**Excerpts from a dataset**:
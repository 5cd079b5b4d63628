-- ===== src/Servicewatcher/Settled.antt =====
-- What the watcher writes for a Service satisfies it, and which tunnels it deletes.
use frp_operator.Prelude.{
  String, ◌≡◌, refl, inl, inr, true, Option, none, some, List, [], ◌∷◌, string_eq, nat_eq, ◌==◌,
  Bool-cases, Option-cases, Result-cases, beq_refl, ok, is_some,
}
use frp_operator.Prelude.Maps.{lookup, lookup-insert_self, lookup-delete}
use frp_operator.Kube.{is_not_found}
use frp_operator.Api.{Tunnel, TunnelSpec, annotation_do_not_disrupt}
use frp_operator.Disruption.Methods.{text_at}
use frp_operator.Servicewatcher.{
  Service, Parsers, label_managed_by_service, is_our_service, copy_do_not_disrupt,
  annotations_equal,
}
use frp_operator.Servicewatcher.Sibling.{
  Outside, merged, new_sibling, updated_sibling, desired_spec, is_settled, upsert_spec,
  upsert_wanted, delete_sibling_if_ours, reconcile_service,
}

-- The annotation that the watcher manages, merged into a map, reads as it was desired.
text_at-merged :
    (a existing : List (String × String))
    → text_at annotation_do_not_disrupt
        (merged (lookup annotation_do_not_disrupt (copy_do_not_disrupt a)) existing)
      ≡ text_at annotation_do_not_disrupt (copy_do_not_disrupt a)
unfolding copy_do_not_disrupt
text_at-merged a existing = elim (Bool-cases (text_at annotation_do_not_disrupt a == "")) [
  | inl e ↦
      let none_wanted : copy_do_not_disrupt a ≡ [] = rw (copy_do_not_disrupt, e) refl in
      rw (none_wanted) (
        rw (text_at, lookup-delete annotation_do_not_disrupt annotation_do_not_disrupt existing)
          refl)
  | inr e ↦
      let v : String = text_at annotation_do_not_disrupt a in
      let wanted : copy_do_not_disrupt a ≡ (annotation_do_not_disrupt, v) ∷ [] =
        rw (copy_do_not_disrupt, e) refl in
      rw (wanted) (rw (text_at, lookup-insert_self annotation_do_not_disrupt v existing) refl)
]

module _ {Q : Type 0} (parsers : Parsers Q) where
  -- The tunnel that `upsertSibling` leaves: the one that it makes where there is none, or the one that it
  -- updates.
  abbrev pub written : Service → TunnelSpec Q → Option (Tunnel Q) → Tunnel Q
  written svc spec none = new_sibling svc spec
  written svc spec (some existing) = updated_sibling svc spec existing

  is_settled-written :
      ((s : TunnelSpec Q) → parsers.spec_equal s s ≡ true)
      → (svc : Service) (spec : TunnelSpec Q) (existing : Option (Tunnel Q))
      → is_settled parsers svc spec (written svc spec existing) ≡ true
  unfolding is_settled annotations_equal new_sibling updated_sibling
  is_settled-written reflexive svc spec none =
      rw
        (
          reflexive spec,
          beq_refl (text_at annotation_do_not_disrupt (copy_do_not_disrupt svc.meta.annotations)),
        )
        refl
  is_settled-written reflexive svc spec (some existing) =
      rw
        (
          reflexive spec,
          text_at-merged svc.meta.annotations existing.meta.annotations,
          beq_refl (text_at annotation_do_not_disrupt (copy_do_not_disrupt svc.meta.annotations)),
        )
        refl

  module _ {W : Type 0} (out : Outside Q W) where
    -- A run for a Service of ours leaves a tunnel alone that the watcher has written for the Service as it
    -- is, be it created or updated: it makes no call but Get.
    pub reconcile_service_settled :
        (namespace name : String) (w : W) (svc : Service) (spec : TunnelSpec Q)
        (existing : Option (Tunnel Q))
        → ((s : TunnelSpec Q) → parsers.spec_equal s s ≡ true)
        → (out.get_service namespace name w).0 ≡ ok svc
        → is_our_service svc ≡ true
        → svc.meta.deletion_timestamp ≡ none
        → desired_spec parsers svc ≡ ok spec
        → (out.get_tunnel svc.meta.namespace svc.meta.name (out.get_service namespace name w).1).0
          ≡ ok (written svc spec existing)
        → reconcile_service parsers out namespace name w ≡ (
          none,
          (out.get_tunnel svc.meta.namespace svc.meta.name (out.get_service namespace name w).1).1,
        )
    unfolding reconcile_service upsert_wanted upsert_spec
    reconcile_service_settled namespace name w svc spec existing reflexive got ours live wanted
          there =
        rw
          (
            reconcile_service,
            got,
            ours,
            live,
            wanted,
            upsert_wanted,
            upsert_spec,
            there,
            is_settled-written reflexive svc spec existing,
          )
          refl

    -- `P` outlasts every call but the deletion of a tunnel without the label of the watcher.
    pub record OutlastsOurs (P : W → Type 0) : Type 0 where
      pub get_service :
          (namespace name : String) (w : W) → P w → P (out.get_service namespace name w).1
      pub get_tunnel :
          (namespace name : String) (w : W) → P w → P (out.get_tunnel namespace name w).1
      pub create : (t : Tunnel Q) (w : W) → P w → P (out.create_tunnel t w).1
      pub update : (t : Tunnel Q) (w : W) → P w → P (out.update_tunnel t w).1
      pub delete :
          (t : Tunnel Q) (w : W)
          → text_at label_managed_by_service t.meta.labels ≡ "true"
          → P w
          → P (out.delete_tunnel t w).1

    module _ (P : W → Type 0) (o : OutlastsOurs P) where
      delete_sibling_if_ours_spares :
          (namespace name : String) (w : W)
          → P w
          → P (delete_sibling_if_ours parsers out namespace name w).1
      unfolding delete_sibling_if_ours
      delete_sibling_if_ours_spares namespace name w p =
          let p1 = o.get_tunnel namespace name w p in
          let w1 : W = (out.get_tunnel namespace name w).1 in
          elim (Result-cases (out.get_tunnel namespace name w).0) [
            | inr (e, f) ↦ rw (delete_sibling_if_ours, f) p1
            | inl (t, f) ↦
                elim (Bool-cases (text_at label_managed_by_service t.meta.labels == "true")) [
                  | inr bare ↦ rw (delete_sibling_if_ours, f, bare) p1
                  | inl ours ↦
                      let labelled =
                        (string_eq.same_iff (text_at label_managed_by_service t.meta.labels)
                            "true").0
                          ours in
                      let p2 = o.delete t w1 labelled p1 in
                      elim (Bool-cases (is_some t.meta.deletion_timestamp)) [
                        | inl gone ↦ rw (delete_sibling_if_ours, f, ours, gone) p1
                        | inr live ↦ elim (Option-cases (out.delete_tunnel t w1).0) [
                          | inl d ↦ rw (delete_sibling_if_ours, f, ours, live, d) p2
                          | inr (e, d) ↦ rw (delete_sibling_if_ours, f, ours, live, d) p2
                        ]
                      ]
                ]
          ]

      upsert_spec_spares :
          (svc : Service) (spec : TunnelSpec Q) (w : W)
          → P w
          → P (upsert_spec parsers out svc spec w).1
      unfolding upsert_spec
      upsert_spec_spares svc spec w p =
          let p1 = o.get_tunnel svc.meta.namespace svc.meta.name w p in
          let w1 : W = (out.get_tunnel svc.meta.namespace svc.meta.name w).1 in
          elim (Result-cases (out.get_tunnel svc.meta.namespace svc.meta.name w).0) [
            | inr (e, f) ↦ elim (Bool-cases (is_not_found e)) [
              | inl g ↦ rw (upsert_spec, f, g) (o.create (new_sibling svc spec) w1 p1)
              | inr g ↦ rw (upsert_spec, f, g) p1
            ]
            | inl (t, f) ↦ elim (Bool-cases (is_settled parsers svc spec t)) [
              | inl g ↦ rw (upsert_spec, f, g) p1
              | inr g ↦ rw (upsert_spec, f, g) (o.update (updated_sibling svc spec t) w1 p1)
            ]
          ]

      -- A run of the watcher deletes no tunnel but one that has the label of the watcher: what every call
      -- but the deletion of another tunnel keeps, a run keeps.
      pub reconcile_service_spares :
          (namespace name : String) (w : W)
          → P w
          → P (reconcile_service parsers out namespace name w).1
      unfolding reconcile_service upsert_wanted
      reconcile_service_spares namespace name w p =
          let p1 = o.get_service namespace name w p in
          let w1 : W = (out.get_service namespace name w).1 in
          elim (Result-cases (out.get_service namespace name w).0) [
            | inr (e, f) ↦ elim (Bool-cases (is_not_found e)) [
              | inl g ↦
                  rw (reconcile_service, f, g) (delete_sibling_if_ours_spares namespace name w1 p1)
              | inr g ↦ rw (reconcile_service, f, g) p1
            ]
            | inl (svc, f) ↦ elim (Bool-cases (is_our_service svc)) [
              | inr g ↦ rw (reconcile_service, f, g) p1
              | inl g ↦ elim (Bool-cases (is_some svc.meta.deletion_timestamp)) [
                | inl h ↦
                    rw (reconcile_service, f, g, h)
                      (delete_sibling_if_ours_spares svc.meta.namespace svc.meta.name w1 p1)
                | inr h ↦ elim (Result-cases (desired_spec parsers svc)) [
                  | inr (problem, d) ↦ rw (reconcile_service, f, g, h, d) p1
                  | inl (spec, d) ↦
                      rw (reconcile_service, f, g, h, d) (upsert_spec_spares svc spec w1 p1)
                ]
              ]
            ]
          ]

**TASK BRIEF**:
Every line that contains the string "OutlastsOurs" should be copied from the records.

**TASK ANSWER**:
    pub record OutlastsOurs (P : W → Type 0) : Type 0 where
    module _ (P : W → Type 0) (o : OutlastsOurs P) where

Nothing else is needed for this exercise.